Cleaved caspase-3 expression and H3K27M expression were analyzed from maximum projection immunofluorescence images using CellProfiler81. Images were cropped such that only the DIPG organoid area was included in analysis. For each cell, nuclei and H3K27M objects were identified using the “IdentifyPrimaryObjects” command with a “Minimum Cross-Entropy” thresholding method. Cleaved caspase-3 objects were identified using the “IdentifyPrimaryObjects” command with an “Otsu” thresholding method. Overall area of expression was obtained using the “MeasureImageAreaOccupied” command. Cleaved caspase-3 expression and H3K27M expression were normalized by DAPI count and then normalized to the untreated control.

Statistical analysis and reproducibility

Statistical analyses for this study were performed using GraphPad Prism v.9.3.1 software. Details of specific statistical methods and p-value results are included within the figure captions and summarized in Supplementary Data 1. For all studies, ns = not significant (p > 0.05), *p < 0.05, **p < 0.01, ***p < 0.001, ****p < 0.0001.

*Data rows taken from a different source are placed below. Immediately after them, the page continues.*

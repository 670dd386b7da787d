-- ===== src/Tests.antt =====
-- Runs of the code on concrete data, and the instances of the theorems at them.
mod Values
mod Processing
mod Limits
mod Gates
mod Positions
mod Gateway
mod Sessions
mod Trades
mod Paper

All representative images of neural organoids were obtained from four independent differentiation experiments with similar results. Images associated with aspiration, deformation, and organoid lifting were obtained from at least four independent repetitions. Images associated with organoid printing, fusion, and integration were obtained from at least ten independent repetitions. Images associated with tumor infiltration and drug treatment were obtained from at least three independent repetitions.

Reporting summary

Further information on research design is available in the Nature Portfolio Reporting Summary linked to this article.